Subsequent matching exercises that use the same canonical data can reuse this folder, skipping the prepare_canonical_folder step.
Reading results¶
matcher.match() returns a MatchResult object:
| Property / method | Returns |
|---|---|
.matches() |
DuckDB relation with unique_id, resolved_canonical_id, match_reason, and more. |
.match_metrics() |
Match-reason breakdown with counts and percentages. |
.accuracy_analysis() |
Threshold-based accuracy analysis from labelled data (requires ukam_label in messy input). |
Customising stages
The default pipeline is ExactMatchStage → SplinkStage. Pass your own
stages list to change behaviour:
from uk_address_matcher import (
AddressMatcher,
ExactMatchStage,
PeeledAddressStage,
UniqueTrigramStage,
SplinkStage,
)
matcher = AddressMatcher(
canonical_addresses=df_canonical,
addresses_to_match=df_messy,
con=con,
stages=[
ExactMatchStage(),
PeeledAddressStage(),
UniqueTrigramStage(),
SplinkStage(
final_match_weight_threshold=20.0,
final_distinguishability_threshold=5.0,
),
],
)
Use AddressMatcher.available_stages() to discover registered stage classes.

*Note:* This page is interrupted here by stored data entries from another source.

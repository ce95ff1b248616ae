-- ===== src/MessageCache.antt =====
-- Pending messages: code/frameworks/framework_templates/tcp_app/message_cache.cpp and message_cache.h, built with the
-- dictionary of Redis. `is_slow` is message_is_time_consuming, which the application writes; the timeouts
-- come from the configuration. The entries that `dict_next` gives to `clean_expired_messages`, one by one, are
-- an argument, since dict.h does not say what an iterator gives once an entry was deleted. The memory of an
-- entry is taken to be still readable when the entry was deleted, as the code relies on.
pub mod Cleaning
mod Examples
use cpp_assistant.Prelude.{
  ℕ, suc, ◌+◌, Bool, true, false, ◌&&◌, Option, none, some, List, [], ◌∷◌, ℤ, pos, ◌-ℤ◌, leb_ℤ,
  if◌then◌else◌, text_eq,
}
use cpp_assistant.Strings.{Text}
use cpp_assistant.TimedTasks.{ret_ok, ret_failed}
use cpp_assistant.Dictionary.{
  Dict, char_dict_create, char_dict_add_element, char_dict_delete_element, char_dict_find_value,
}

-- `msg_cache_value`. The contents are known by a number.
pub record Message : Type 0 where
  pub cmd : ℤ
  pub from_fd : ℤ
  pub from_name : Option Text
  pub to_fd : ℤ
  pub to_name : Option Text
  pub last_op_time : ℤ
  pub contents : ℕ

module _ (dict : Dict Message) where
  open dict use {Content, dict_delete, items}

  -- m_message_dictionary. `create` gives the size DEFAULT_DICT_SIZE whatever it is asked for.
  unfoldable pub create_messages : Option Content → Bool → ℤ × Option Content
  create_messages (some d) alloc_ok = (ret_ok, some d)
  create_messages none alloc_ok = elim (char_dict_create dict alloc_ok) [
    | none ↦ (ret_failed, none)
    | some d ↦ (ret_ok, some d)
  ]

  abbrev pub add_message :
      Option Content → Option Text → ℤ → Option Message → ℤ → Bool → ℤ × Option Content
  add_message d key keylen val vallen alloc_ok =
      char_dict_add_element dict key keylen val vallen d alloc_ok

  abbrev pub del_message : Option Content → Option Text → ℤ → ℤ × Option Content
  del_message d key keylen = char_dict_delete_element dict key keylen d

  abbrev pub find_message : Option Content → Option Text → ℤ → Option Message
  find_message d key keylen = char_dict_find_value dict key keylen d

  -- What `dict_delete_no_free` returns is not looked at.
  abbrev pub deleted : Content → Text → Content
  deleted d k = elim (dict_delete d k) [ none ↦ d | some d' ↦ d' ]

  module _ (is_slow : ℤ → Bool) where
    module _ (default_timeout max_timeout now : ℤ) where
      abbrev pub is_expired : Message → Bool
      is_expired m =
          leb_ℤ (if is_slow m.cmd then max_timeout else default_timeout) (now -ℤ m.last_op_time)

      -- The loop over the entries that `dict_next` gives, with the number of those deleted.
      unfoldable pub clean_from : List (Text × Message) → Content → ℕ → Content × ℕ
      clean_from [] d count = (d, count)
      clean_from ((k, m) ∷ entries) d count =
          let cleaned = clean_from entries (deleted d k) (suc count) in
          let kept = clean_from entries d count in if is_expired m then cleaned else kept

      unfoldable pub clean_expired_messages : List (Text × Message) → Content → Content × ℕ
      clean_expired_messages given d = clean_from given d 0

    unfoldable pub count_slow : List (Text × Message) → Text → ℕ
    count_slow [] name = 0
    count_slow ((k, m) ∷ entries) name =
        let rest = count_slow entries name in
        elim m.to_name [
          | none ↦ rest
          | some to ↦ (if is_slow m.cmd && text_eq name to then suc rest else rest)
        ]

    unfoldable pub time_consuming_message_count : Content → Option Text → ℕ
    time_consuming_message_count d none = 0
    time_consuming_message_count d (some name) = count_slow (items d) name
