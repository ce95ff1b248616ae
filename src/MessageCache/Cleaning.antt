-- ===== src/MessageCache/Cleaning.antt =====
-- What `clean_expired_messages` leaves.
use cpp_assistant.Prelude.{
  ℕ, suc, ◌≡◌, Bool, true, false, Option, none, some, List, [], ◌∷◌, ℤ, if◌then◌else◌, text_eq,
}
use cpp_assistant.Strings.{Text}
use cpp_assistant.Dictionary.{Dict}
use cpp_assistant.MessageCache.{Message, deleted, is_expired}

module _ (dict : Dict Message) (is_slow : ℤ → Bool) (default_timeout max_timeout now : ℤ) where
  open dict use {
    Content, dict_find, dict_delete, items, find-delete, delete_error, items_find, items_distinct,
  }

  abbrev expired : Message → Bool
  expired = is_expired dict is_slow default_timeout max_timeout now

  -- What is left of an entry.
  abbrev pub unexpired : Option Message → Option Message
  unexpired none = none
  unexpired (some m) =
      if is_expired dict is_slow default_timeout max_timeout now m then none else some m

  abbrev pub count_expired : List (Text × Message) → ℕ
  count_expired [] = 0
  count_expired ((k, m) ∷ entries) =
      if is_expired dict is_slow default_timeout max_timeout now m
      then suc (count_expired entries)
      else count_expired entries

  -- `dict_next` gives entries that the dictionary has at that time.
  abbrev pub Given : Content → List (Text × Message) → Type 0
  Given d [] = Unit {0}
  Given d ((k, m) ∷ entries) =
      (dict_find d k ≡ some m)
      × Given
          (if is_expired dict is_slow default_timeout max_timeout now m
            then deleted dict d k
            else d)
          entries

  abbrev pub is_given : List (Text × Message) → Text → Bool
  is_given [] j = false
  is_given ((k, m) ∷ entries) j = if text_eq k j then true else is_given entries j

  -- What is left of a message, if its entry was given or not.
  abbrev treated : Bool → Option Message → Option Message
  treated is_one_given o = if is_one_given then unexpired o else o
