-- ===== src/MessageCache/Examples.antt =====
-- Two messages, one of them expired.
use cpp_assistant.Prelude.{◌≡◌, refl, Bool, false, none, [], ◌∷◌, ℤ, pos, text_eq}
use cpp_assistant.Prelude.TextMap.{find}
use cpp_assistant.Dictionary.{Dict}
use cpp_assistant.Dictionary.Listed.{Entries, listed}
use cpp_assistant.MessageCache.{Message}

abbrev dict : Dict Message
dict = listed

abbrev message : ℤ → Message
message at = record {
  cmd = pos 1;
  from_fd = pos 0;
  from_name = none;
  to_fd = pos 0;
  to_name = none;
  last_op_time = at;
  contents = 0;
}

other_key : find (98 ∷ []) ((97 ∷ [], message (pos 0)) ∷ []) ≡ none
unfolding find text_eq
other_key = refl

no_key : find {V = Message} (97 ∷ []) [] ≡ none
unfolding find
no_key = refl

abbrev two_messages : Entries Message
two_messages =
    ((98 ∷ [], message (pos 90)) ∷ (97 ∷ [], message (pos 0)) ∷ [], (other_key, (no_key, tt)))

abbrev not_slow : ℤ → Bool
not_slow cmd = false
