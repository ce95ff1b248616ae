-- ===== src/SequentialBuffer/Layout.antt =====
-- The states that a buffer with a block can be in, and the bytes that it holds in each.
use cpp_assistant.Prelude.{
  ℕ, zero, suc, ◌+◌, ◌-◌, ◌≤◌, ◌<◌, ◌≡◌, refl, some, List, length, take, drop, ℤ, pos, negsuc,
  pos_part, ◌-ℤ◌, arith, length-take, length-drop, leb, subst, sym, ap, ◌∙◌,
}
use cpp_assistant.SequentialBuffer.{SequentialBuffer, data_size, free_size, empty, full}

-- A buffer over the block `mem`.
abbrev pub held : List ℕ → ℤ → ℤ → SequentialBuffer
held mem r w = record { block = some mem; total_size = length mem; read_pos = r; write_pos = w }

-- The positions that occur over a block of `n` bytes: both are indices, or the write position has
-- run off the end, or both have.
abbrev pub Positions : ℕ → ℤ → ℤ → Type 0
Positions n (pos r) (pos w) = (r ≤ w) × (w ≤ n) × (r < n)
Positions n (pos r) (negsuc zero) = r < n
Positions n (pos r) (negsuc (suc k)) = ⊥
Positions n (negsuc zero) (negsuc zero) = 0 < n
Positions n (negsuc zero) (negsuc (suc k)) = ⊥
Positions n (negsuc zero) (pos w) = ⊥
Positions n (negsuc (suc k)) w = ⊥

-- How many bytes lie between the positions, and from where.
abbrev pub held_size : ℕ → ℤ → ℤ → ℕ
held_size n (pos r) (pos w) = w - r
held_size n (pos r) (negsuc k) = n - r
held_size n (negsuc j) w = 0

abbrev pub contents_of : List ℕ → ℤ → ℤ → List ℕ
contents_of mem r w = take (held_size (length mem) r w) (drop (pos_part r) mem)

pub data_size_lem :
    (mem : List ℕ) (r w : ℤ)
    → Positions (length mem) r w
    → data_size (held mem r w) ≡ pos (held_size (length mem) r w)
unfolding data_size ◌-ℤ◌
data_size_lem mem (pos r) (pos w) p = ground arith
data_size_lem mem (pos r) (negsuc zero) p = ground arith
data_size_lem mem (pos r) (negsuc (suc k)) p = absurd p
data_size_lem mem (negsuc zero) (negsuc zero) p = refl
data_size_lem mem (negsuc zero) (negsuc (suc k)) p = absurd p
data_size_lem mem (negsuc zero) (pos w) p = absurd p
data_size_lem mem (negsuc (suc k)) w p = absurd p

pub held_size_le : (n : ℕ) (r w : ℤ) → Positions n r w → pos_part r + held_size n r w ≤ n
held_size_le n (pos r) (pos w) p = omega arith
held_size_le n (pos r) (negsuc zero) p = omega arith
held_size_le n (pos r) (negsuc (suc k)) p = absurd p
held_size_le n (negsuc zero) (negsuc zero) p = omega arith
held_size_le n (negsuc zero) (negsuc (suc k)) p = absurd p
held_size_le n (negsuc zero) (pos w) p = absurd p
held_size_le n (negsuc (suc k)) w p = absurd p

pub length-contents_of :
    (mem : List ℕ) (r w : ℤ)
    → Positions (length mem) r w
    → length (contents_of mem r w) ≡ held_size (length mem) r w
length-contents_of mem r w p = omega (
  arith,
  length-take (held_size (length mem) r w) (drop (pos_part r) mem),
  length-drop (pos_part r) mem,
  held_size_le (length mem) r w p,
)

pub free_size_lem :
    (mem : List ℕ) (r w : ℤ)
    → Positions (length mem) r w
    → free_size (held mem r w) ≡ pos (length mem - held_size (length mem) r w)
unfolding free_size ◌-ℤ◌
free_size_lem mem r w p =
    rw (data_size_lem mem r w p) (ground (arith, held_size_le (length mem) r w p))

pub empty_lem :
    (mem : List ℕ) (r w : ℤ)
    → Positions (length mem) r w
    → empty (held mem r w) ≡ leb (held_size (length mem) r w) 0
unfolding empty
empty_lem mem r w p = rw (data_size_lem mem r w p) (ground arith)

pub full_lem :
    (mem : List ℕ) (r w : ℤ)
    → Positions (length mem) r w
    → full (held mem r w) ≡ leb (length mem) (held_size (length mem) r w)
unfolding full
full_lem mem r w p = rw (data_size_lem mem r w p) (ground arith)

-- A buffer with room for `cap` bytes that holds the queue `q`.
abbrev pub Holds : ℕ → List ℕ → SequentialBuffer → Type 0
Holds cap q s =
    (mem : List ℕ) × (r : ℤ) × (w : ℤ) × (s ≡ held mem r w)
    × (length mem ≡ cap)
    × Positions cap r w
    × (contents_of mem r w ≡ q)

pub not-Positions : (n : ℕ) (r : ℤ) (k : ℕ) → Positions n r (negsuc (suc k)) → ⊥
not-Positions n (pos r) k p = p
not-Positions n (negsuc zero) k p = p
not-Positions n (negsuc (suc j)) k p = p

pub data_size-Holds :
    (size : ℕ) (q : List ℕ) (s : SequentialBuffer) → Holds size q s → data_size s ≡ pos (length q)
data_size-Holds size q s (mem, r, w, es, el, p, eq) =
    let p' : Positions (length mem) r w = subst (λ k. Positions k r w) (sym el) p in
    rw es (
      data_size_lem mem r w p'
      ∙ ap pos (sym (length-contents_of mem r w p'))
      ∙ ap (λ l. pos (length l)) eq)
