-- ===== src/SequentialBuffer/Appending.antt =====
-- What bytes put into the block at the write position do to the bytes held.
use cpp_assistant.Prelude.{
  ℕ, ◌+◌, ◌-◌, ◌≤◌, ◌≡◌, List, ◌++◌, length, ℤ, pos, arith, leb_ℤ, overwrite, slice-overwrite,
  length-overwrite, Bool-cases, inl, inr, if◌then◌else◌,
}
use cpp_assistant.SequentialBuffer.{overflow_pos}
use cpp_assistant.SequentialBuffer.Layout.{Positions, contents_of}

-- A position that reaches the size is set to OVERFLOW_POS.
abbrev pub next_pos : ℕ → ℕ → ℤ
next_pos size p = if leb_ℤ (pos size) (pos p) then overflow_pos else pos p

pub overwritten :
    (mem : List ℕ) (a b : ℕ) (src : List ℕ)
    → Positions (length mem) (pos a) (pos b)
    → b + length src ≤ length mem
    → let m = overwrite mem b src in
      let w = next_pos (length mem) (b + length src) in
      (length m ≡ length mem)
      × Positions (length mem) (pos a) w
      × (contents_of m (pos a) w ≡ contents_of mem (pos a) (pos b) ++ src)
overwritten mem a b src p h =
    let el : length (overwrite mem b src) ≡ length mem = length-overwrite mem b src h in
    elim (Bool-cases (leb_ℤ (pos (length mem)) (pos (b + length src)))) [
      | inl t ↦ rw t (
        el,
        omega arith,
        slice-overwrite mem a b (length (overwrite mem b src) - a) src (omega arith) h
            (ground arith),
      )
      | inr f ↦ rw f (
        el,
        ground arith,
        slice-overwrite mem a b (b + length src - a) src (omega arith) h (omega arith),
      )
    ]
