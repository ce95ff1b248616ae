-- ===== src/SequentialBuffer/Moving.antt =====
-- `move_data_to_header` on the states that occur.
use cpp_assistant.Prelude.{
  length-overwrite, ℕ, zero, suc, ◌+◌, ◌-◌, ◌≤◌, ◌<◌, ◌≡◌, refl, Option, some, List, length, take,
  drop, ℤ, pos, negsuc, arith, length-take, length-drop, overwrite, take-append, take_all,
  zero-==-suc, Bool-cases, inl, inr, if◌then◌else◌, ◌∙◌, load-eq-some, store-eq-some, append-nil,
  leb_ℤ,
}
use cpp_assistant.SequentialBuffer.{SequentialBuffer, overflow_pos, move_data_to_header, shift_down}
use cpp_assistant.SequentialBuffer.Layout.{held, Positions, held_size, contents_of, data_size_lem}

-- The block after the bytes from `r` on have moved to its start.
abbrev pub shifted : List ℕ → ℕ → ℕ → List ℕ
shifted mem r n = overwrite mem 0 (take n (drop r mem))

pub length-slice : (mem : List ℕ) (r n : ℕ) → r + n ≤ length mem → length (take n (drop r mem)) ≡ n
length-slice mem r n h = omega (arith, length-take n (drop r mem), length-drop r mem)

pub shift_down_lem :
    (mem : List ℕ) (r n : ℕ) (w : ℤ)
    → r + n ≤ length mem
    → shift_down (held mem (pos r) w) (pos n)
      ≡ some (
        pos n,
        record {
          block = some (shifted mem r n);
          total_size = length mem;
          read_pos = pos 0;
          write_pos = pos n;
        },
      )
unfolding shift_down
shift_down_lem mem r n w h =
    rw (load-eq-some mem r n h)
      (rw (store-eq-some mem 0 (take n (drop r mem)) (omega (arith, length-slice mem r n h))))

pub length-shifted :
    (mem : List ℕ) (r n : ℕ) → r + n ≤ length mem → length (shifted mem r n) ≡ length mem
length-shifted mem r n h =
    length-overwrite mem 0 (take n (drop r mem)) (omega (arith, length-slice mem r n h))

-- The start of the shifted block is what lay at `r`.
pub take-shifted :
    (mem : List ℕ) (r n : ℕ) → r + n ≤ length mem → take n (shifted mem r n) ≡ take n (drop r mem)
take-shifted mem r n h =
    take-append n (take n (drop r mem)) (drop (0 + length (take n (drop r mem))) mem)
    ∙ ground (
      arith,
      length-slice mem r n h,
      take_all n (take n (drop r mem)) (omega (arith, length-slice mem r n h)),
      append-nil (take n (drop r mem)),
    )

-- Where the write position can be once the data starts at index 0.
abbrev pub Packed : ℕ → ℤ → Type 0
Packed n (pos w) = w < n
Packed n (negsuc zero) = 0 < n
Packed n (negsuc (suc k)) = ⊥

-- What `move_data_to_header` leaves: the same bytes, from index 0 on.
abbrev pub Moved : List ℕ → ℤ → ℤ → Option (ℤ × SequentialBuffer) → Type 0
Moved mem r w out =
    (k : ℤ) × (mem' : List ℕ) × (w' : ℤ) × (out ≡ some (k, held mem' (pos 0) w'))
    × (length mem' ≡ length mem)
    × Packed (length mem) w'
    × (contents_of mem' (pos 0) w' ≡ contents_of mem r w)

shift_down-Moved :
    (mem : List ℕ) (r n : ℕ) (w : ℤ)
    → r + n ≤ length mem
    → 0 < r
    → n ≡ held_size (length mem) (pos r) w
    → Moved mem (pos r) w (shift_down (held mem (pos r) w) (pos n))
shift_down-Moved mem r n w h h0 e = (
  pos n,
  shifted mem r n,
  pos n,
  ground (arith, shift_down_lem mem r n w h, length-shifted mem r n h),
  length-shifted mem r n h,
  omega arith,
  ground (arith, take-shifted mem r n h),
)

at_start :
    (mem : List ℕ) (w : ℤ)
    → Positions (length mem) (pos 0) w
    → Moved mem (pos 0) w (
        some (
          pos 0,
          held mem (pos 0) (
              if leb_ℤ (pos (length mem)) (pos (held_size (length mem) (pos 0) w))
              then overflow_pos
              else w),
        ))
at_start mem (pos w) p = elim (Bool-cases (leb_ℤ (pos (length mem)) (pos (w - 0)))) [
  | inl e ↦ (pos 0, mem, overflow_pos, rw e, refl, omega arith, ground arith)
  | inr e ↦ (pos 0, mem, pos w, rw e, refl, ground arith, refl)
]
at_start mem (negsuc zero) p = elim (Bool-cases (leb_ℤ (pos (length mem)) (pos (length mem - 0)))) [
  | inl e ↦ (pos 0, mem, overflow_pos, rw e, refl, omega arith, ground arith)
  | inr e ↦ (pos 0, mem, overflow_pos, rw e, refl, omega arith, refl)
]
at_start mem (negsuc (suc k)) p = absurd p

-- `move_data_to_header` never faults on such a buffer, and keeps its bytes.
pub move_data_to_header-Moved :
    (mem : List ℕ) (r w : ℤ)
    → Positions (length mem) r w
    → Moved mem r w (move_data_to_header (held mem r w))
unfolding move_data_to_header
move_data_to_header-Moved mem (pos zero) w p = rw (data_size_lem mem (pos 0) w p) (at_start mem w p)
move_data_to_header-Moved mem (pos (suc r)) (pos w) p =
    rw (data_size_lem mem (pos (suc r)) (pos w) p, zero-==-suc r)
      (shift_down-Moved mem (suc r) (w - suc r) (pos w) (omega arith) (omega arith) refl)
move_data_to_header-Moved mem (pos (suc r)) (negsuc zero) p =
    rw (data_size_lem mem (pos (suc r)) (negsuc zero) p, zero-==-suc r)
      (shift_down-Moved mem (suc r) (length mem - suc r) (negsuc zero) (omega arith) (omega arith)
        refl)
move_data_to_header-Moved mem (pos (suc r)) (negsuc (suc k)) p = absurd p
move_data_to_header-Moved mem (negsuc zero) (negsuc zero) p =
    (pos 0, mem, pos 0, refl, refl, p, refl)
move_data_to_header-Moved mem (negsuc zero) (negsuc (suc k)) p = absurd p
move_data_to_header-Moved mem (negsuc zero) (pos w) p = absurd p
move_data_to_header-Moved mem (negsuc (suc k)) w p = absurd p

pub Packed-Positions : (n : ℕ) (w : ℤ) → Packed n w → Positions n (pos 0) w
Packed-Positions n (pos w) p = omega arith
Packed-Positions n (negsuc zero) p = p
Packed-Positions n (negsuc (suc k)) p = absurd p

See Choosing a matching threshold and Optimising accuracy for further accuracy advice. The API reference covers the main API docs.
Using labelled data¶
If you know the correct match for each address, add a ukam_label column to
your messy data. It propagates through to results, enabling accuracy analysis
with MatchResult.accuracy_analysis().